Source records
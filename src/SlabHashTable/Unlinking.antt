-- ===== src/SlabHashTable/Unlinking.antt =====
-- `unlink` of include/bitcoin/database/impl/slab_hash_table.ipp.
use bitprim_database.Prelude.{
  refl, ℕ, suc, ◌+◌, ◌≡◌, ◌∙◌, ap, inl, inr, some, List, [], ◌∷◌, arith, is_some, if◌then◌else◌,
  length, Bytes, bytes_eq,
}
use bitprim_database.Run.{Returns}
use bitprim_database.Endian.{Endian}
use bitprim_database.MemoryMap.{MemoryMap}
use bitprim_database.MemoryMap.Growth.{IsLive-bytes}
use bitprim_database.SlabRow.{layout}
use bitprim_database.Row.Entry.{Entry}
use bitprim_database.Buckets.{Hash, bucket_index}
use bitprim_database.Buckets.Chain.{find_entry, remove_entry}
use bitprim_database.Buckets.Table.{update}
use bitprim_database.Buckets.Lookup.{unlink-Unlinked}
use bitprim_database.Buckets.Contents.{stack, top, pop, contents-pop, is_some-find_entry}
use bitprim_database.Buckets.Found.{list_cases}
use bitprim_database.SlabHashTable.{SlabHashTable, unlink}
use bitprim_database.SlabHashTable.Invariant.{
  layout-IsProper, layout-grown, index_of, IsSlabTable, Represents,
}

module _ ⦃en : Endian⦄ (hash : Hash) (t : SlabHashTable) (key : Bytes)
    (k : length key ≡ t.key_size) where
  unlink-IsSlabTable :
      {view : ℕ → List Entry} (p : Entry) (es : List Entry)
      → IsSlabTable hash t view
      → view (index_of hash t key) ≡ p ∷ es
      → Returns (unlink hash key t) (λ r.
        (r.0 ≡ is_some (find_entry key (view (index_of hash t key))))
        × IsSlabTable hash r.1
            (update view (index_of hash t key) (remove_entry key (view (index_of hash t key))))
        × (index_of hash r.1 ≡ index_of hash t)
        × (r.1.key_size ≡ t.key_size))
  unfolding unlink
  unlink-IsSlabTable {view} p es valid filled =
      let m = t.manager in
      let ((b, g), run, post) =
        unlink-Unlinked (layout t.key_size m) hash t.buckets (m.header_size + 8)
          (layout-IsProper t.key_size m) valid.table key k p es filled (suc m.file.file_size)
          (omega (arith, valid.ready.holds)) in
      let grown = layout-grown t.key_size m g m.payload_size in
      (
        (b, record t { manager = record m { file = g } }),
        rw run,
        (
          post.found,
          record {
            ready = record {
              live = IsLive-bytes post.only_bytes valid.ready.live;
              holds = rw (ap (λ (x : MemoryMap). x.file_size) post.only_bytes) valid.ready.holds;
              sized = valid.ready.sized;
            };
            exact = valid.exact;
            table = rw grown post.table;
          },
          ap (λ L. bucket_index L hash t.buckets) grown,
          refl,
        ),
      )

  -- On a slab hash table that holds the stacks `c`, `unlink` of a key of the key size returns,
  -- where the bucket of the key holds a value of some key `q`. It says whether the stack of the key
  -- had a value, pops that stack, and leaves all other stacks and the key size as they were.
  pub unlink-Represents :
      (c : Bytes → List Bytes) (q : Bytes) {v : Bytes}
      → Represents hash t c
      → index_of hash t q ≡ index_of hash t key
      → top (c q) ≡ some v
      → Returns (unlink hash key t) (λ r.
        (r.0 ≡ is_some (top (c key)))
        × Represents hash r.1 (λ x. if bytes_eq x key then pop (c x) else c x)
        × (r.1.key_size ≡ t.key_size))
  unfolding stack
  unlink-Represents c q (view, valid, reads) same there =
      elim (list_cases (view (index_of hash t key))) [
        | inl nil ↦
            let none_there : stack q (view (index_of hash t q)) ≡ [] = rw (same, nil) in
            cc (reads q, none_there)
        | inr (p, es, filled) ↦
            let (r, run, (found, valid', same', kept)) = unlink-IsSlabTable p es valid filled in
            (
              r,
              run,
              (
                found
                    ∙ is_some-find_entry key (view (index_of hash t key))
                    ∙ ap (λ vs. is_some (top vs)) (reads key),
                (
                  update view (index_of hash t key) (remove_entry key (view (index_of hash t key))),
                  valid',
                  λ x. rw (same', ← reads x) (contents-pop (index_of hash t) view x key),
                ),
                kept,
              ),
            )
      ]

» EXERCISE INSTRUCTIONS
Going back over the entries above, copy word for word every line from the one that has "ap (λ L. bucket_index" on through the one that has "-- where the".

» RESULT FOR THIS EXERCISE
          ap (λ L. bucket_index L hash t.buckets) grown,
          refl,
        ),
      )

  -- On a slab hash table that holds the stacks `c`, `unlink` of a key of the key size returns,
  -- where the bucket of the key holds a value of some key `q`. It says whether the stack of the key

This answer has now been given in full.